REVIEW: ‘Fate of the Furious’ thrills but that can’t save it
A long time ago, in a multiplex not so very far away, “The Fast and the Furious” made its initial bow, a relatively plausible little flick about car-racing criminals. Fast forward a decade or so, and now the flicks of the “F & F” serve as a template for modern popcorn movies.
These movies have grown into the nitrous-fueled offspring of James Bond and a Wacky Races cartoon. “Fate of the Furious” is packed with pretty women, exotic locales and eye-popping stunts. But that stuff all comes at the expense of good writing, acting and storytelling.
“Fate” finds Dom (Vin Diesel) and Letty (Michelle Rodriguez) living it up in Cuba. Things are peachy until he crosses paths with a gorgeous, all-powerful cyber criminal named Cypher (Charlize Theron) who blackmails him into working for him. Before you can say “burning rubber”, Dom is doing thievery work for Cypher and (apparently) betraying Letty and the rest of his family.
What follows is a massive globe-trotting chase, as Letty, Hobbs (Dwayne Johnson), Deckard (Jason Statham) and the rest of Dom’s nearest and dearest try to save him from Cyper’s influence and thwart her scheme for world domination. This means a lot of ridiculous car chases and gun fight. Better strap in.
To a cinema snob in me, the cat who loves Akira Kurosawa, Jean-Luc Goddard and films like “The Discreet Charm of the Bourgeoisie”, “Fate” is almost offensive. It’s full of bad writing, action scenes that shatter the ability suspend disbelief and plot holes big enough to drop the planet Neptune through. Oddly enough, this seems to be the target for most big blockbuster movies these days.
But that’s only half the story. To the 12-year-old who still keeps a room in my brain, “Fate” is about two steps from cinematic Nirvana. He doesn’t care that the dialogue is all exposition and lame-brained quips. He doesn’t care that the acting in this movie is less acting and more actors looking determined while delivering their lines. And to him, the insane action sequences aren’t just stupid, they’re stupid awesome!
There’s the rub. “Fate” is clearly not a good movie. Not even close. And judging by the other flicks in the series, I wasn’t expecting a good film. But holy cow, is it ever entertaining! Where else can you see cars rain down from the sky? What other movie will show you Vin Diesel crossing the finish line of a race driving backwards in a car that’s completely engulfed in flames? Plus, they get chased by a submarine!

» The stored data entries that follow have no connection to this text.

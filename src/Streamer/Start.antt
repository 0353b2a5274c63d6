-- ===== src/Streamer/Start.antt =====
-- apps/rust-structured-streamer/src/main.rs and the constructors that it calls: those of app.rs,
-- ingest/consumer.rs, storage/minio.rs, transport/producer.rs and worker/dynamic_pool.rs. What the
-- client libraries answer is a parameter; logging is left out.
pub mod Started
use fps_anticheat_data_platf.Prelude.{
  ℕ, Bool, true, String, Option, none, some, List, [], ◌∷◌, ltb, if◌then◌else◌,
}
use fps_anticheat_data_platf.Prelude.Float.{Arithmetic}
use fps_anticheat_data_platf.Prelude.Text.{concat, show_ℕ}
use fps_anticheat_data_platf.Prelude.Result.{Result, ok, err, ◌>>=◌}
use fps_anticheat_data_platf.Streamer.Action.{AppError, kafka, storage, World}
use fps_anticheat_data_platf.Streamer.Accumulator
use fps_anticheat_data_platf.Streamer.Accumulator.{BatchAccumulator, Poll}
use fps_anticheat_data_platf.Streamer.Breaker.{ResourceCircuitBreaker, default_limits}
use fps_anticheat_data_platf.Streamer.Config.{Config, from_env, accumulator_config}
use fps_anticheat_data_platf.Streamer.Producer.{KafkaEventProducer}
use fps_anticheat_data_platf.Streamer.App.{Services, run}

-- the settings of a librdkafka client, in the order in which they are set
abbrev pub ClientConfig : Type 0
ClientConfig = List (String × String)

-- the settings of an `AmazonS3Builder`
pub record AmazonS3Builder : Type 0 where
  pub endpoint : String
  pub bucket_name : String
  pub access_key_id : String
  pub secret_access_key : String
  pub region : String
  pub allow_http : Bool

-- The client libraries: a consumer `K`, an object store `O` and a producer `P` are made of settings.
pub record Clients (K O P : Type 0) : Type 0 where
  pub create_consumer : ClientConfig → Result String K
  pub subscribe : K → String → Option String
  pub build_store : AmazonS3Builder → Result String O
  pub create_producer : ClientConfig → Result String P

abbrev pub consumer_config : Config → ClientConfig
consumer_config c =
    ("bootstrap.servers", c.kafka_brokers)
    ∷ ("group.id", c.kafka_group_id)
    ∷ ("enable.auto.commit", "false")
    ∷ ("enable.auto.offset.store", "false")
    ∷ ("auto.offset.reset", "earliest")
    ∷ ("session.timeout.ms", "45000")
    ∷ ("fetch.message.max.bytes", show_ℕ c.max_message_bytes)
    ∷ []

abbrev pub producer_config : Config → ClientConfig
producer_config c =
    ("bootstrap.servers", c.kafka_brokers)
    ∷ ("enable.idempotence", "true")
    ∷ ("acks", "all")
    ∷ ("compression.type", "none")
    ∷ ("message.timeout.ms", "30000")
    ∷ []

abbrev pub store_config : Config → AmazonS3Builder
store_config c = record {
  endpoint = c.minio_endpoint;
  bucket_name = c.minio_bucket;
  access_key_id = c.minio_access_key;
  secret_access_key = c.minio_secret_key;
  region = "us-east-1";
  allow_http = true;
}

pub record KafkaConsumer (K : Type 0) : Type 0 where
  pub consumer : K
  pub topic : String
  pub max_payload_bytes : ℕ

pub record MinioWriter (O : Type 0) : Type 0 where
  pub store : O
  pub bucket : String

-- the permits of the spawner's semaphore, and the breaker
pub record DynamicWorkerPool : Type 0 where
  pub capacity : ℕ
  pub circuit_breaker : ResourceCircuitBreaker

pub record StreamProcessorApp (K O P : Type 0) : Type 0 where
  pub config : Config
  pub consumer : KafkaConsumer K
  pub accumulator : BatchAccumulator
  pub writer : MinioWriter O
  pub worker_pool : DynamicWorkerPool
  pub event_producer : P × KafkaEventProducer

abbrev made {ℓ} : {A : Type ℓ} → (String → AppError) → String → Result String A → Result AppError A
made wrap what (ok a) = ok a
made wrap what (err e) = err (wrap (concat (what ∷ e ∷ [])))

abbrev subscribed : String → Option String → Result AppError (Unit {0})
subscribed topic none = ok tt
subscribed topic (some e) =
    err (kafka (concat ("Subscribe topic " ∷ topic ∷ " thất bại: " ∷ e ∷ [])))

-- `max_capacity.max(1)`
abbrev at_least_1 : ℕ → ℕ
at_least_1 n = if ltb 0 n then n else 1

unfoldable pub new_pool : Arithmetic → ℕ → DynamicWorkerPool
new_pool f32 max_capacity = record {
  capacity = at_least_1 max_capacity;
  circuit_breaker = default_limits f32;
}

module _ {K O P : Type 0} (clients : Clients K O P) where
  unfoldable pub new_consumer : Config → Result AppError (KafkaConsumer K)
  new_consumer config = do
    consumer ←
        made kafka "Tạo Kafka StreamConsumer thất bại: "
          (clients.create_consumer (consumer_config config))
    _ ← subscribed config.kafka_raw_topic (clients.subscribe consumer config.kafka_raw_topic)
    ok (record {
      consumer = consumer;
      topic = config.kafka_raw_topic;
      max_payload_bytes = config.max_message_bytes;
    })

  unfoldable pub new_writer : Config → Result AppError (MinioWriter O)
  new_writer config = do
    store ←
        made storage "Khởi tạo AmazonS3 ObjectStore thất bại: "
          (clients.build_store (store_config config))
    ok (record { store = store; bucket = config.minio_bucket })

  unfoldable pub new_producer : Config → Result AppError (P × KafkaEventProducer)
  new_producer config = do
    producer ←
        made kafka "Tạo Kafka event producer thất bại: "
          (clients.create_producer (producer_config config))
    ok (
      producer,
      record { gold_ready_topic = config.kafka_gold_ready_topic; bucket = config.minio_bucket },
    )

  -- `StreamProcessorApp::new`, at a time of the clock
  unfoldable pub new : Arithmetic → ℕ → Config → Result AppError (StreamProcessorApp K O P)
  unfolding new_consumer new_writer new_producer new_pool Accumulator.new accumulator_config
  new f32 clock config = do
    consumer ← new_consumer config
    writer ← new_writer config
    event_producer ← new_producer config
    ok (record {
      config = config;
      consumer = consumer;
      accumulator = Accumulator.new (accumulator_config config) clock;
      writer = writer;
      worker_pool = new_pool f32 config.r_max_workers;
      event_producer = event_producer;
    })

-- what an app calls: the services that its consumer, its store and its producer connect it to, with
-- the topics and the bucket that it was made with
abbrev pub services_of :
    {B W R K O P : Type 0}
    → (K → O → P → Services B W R)
    → StreamProcessorApp K O P
    → Services B W R
services_of connect app =
    record (connect app.consumer.consumer app.writer.store app.event_producer.0) {
      raw_topic = app.consumer.topic;
      producer = app.event_producer.1;
    }

abbrev pub world_of : {K O P : Type 0} → StreamProcessorApp K O P → World
world_of app = record { log = []; breaker = app.worker_pool.circuit_breaker }

module _ {B W R K O P : Type 0} (clients : Clients K O P) (connect : K → O → P → Services B W R)
    (f32 : Arithmetic) where
  abbrev run_app :
      List Poll
      → Result AppError (StreamProcessorApp K O P)
      → Result AppError BatchAccumulator × World
  run_app polls (ok app) = run (services_of connect app) polls app.accumulator (world_of app)
  run_app polls (err e) = (err e, record { log = []; breaker = default_limits f32 })

  -- `main`, for the rounds of the loop that follow
  unfoldable pub main :
      (String → Option String) → Option ℕ → ℕ → List Poll → Result AppError BatchAccumulator × World
  unfolding from_env new run
  main env cpus clock polls = run_app polls (from_env env cpus >>= new clients f32 clock)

All that is well and good, but anyone who hasn’t completely given over to “Fate” and its potion of hot chicks, cool cars and action all the time is going to find this film severely lacking in depth and emotion. The plot is the kind of disjointed assembly of climaxes a couple kids might come up with while playing Hot Wheels in some suburban bedroom. Johnson’s dialogue is so bad, all you can do is laugh at it. But you can’t feel good about doing so.
I can’t lie. I had fun with “Fate of the Furious”. But I could feel my brain cells dying off the whole time. And after seeing so many “dumb but fun” movies, I’m starting to feel like a movie has to offer more than just a lot of silly action scenes for me to get behind it. If you’re a fan of the “F & F” movies, you’ll dig this. If you like a little art with your spectacle, you should skip it.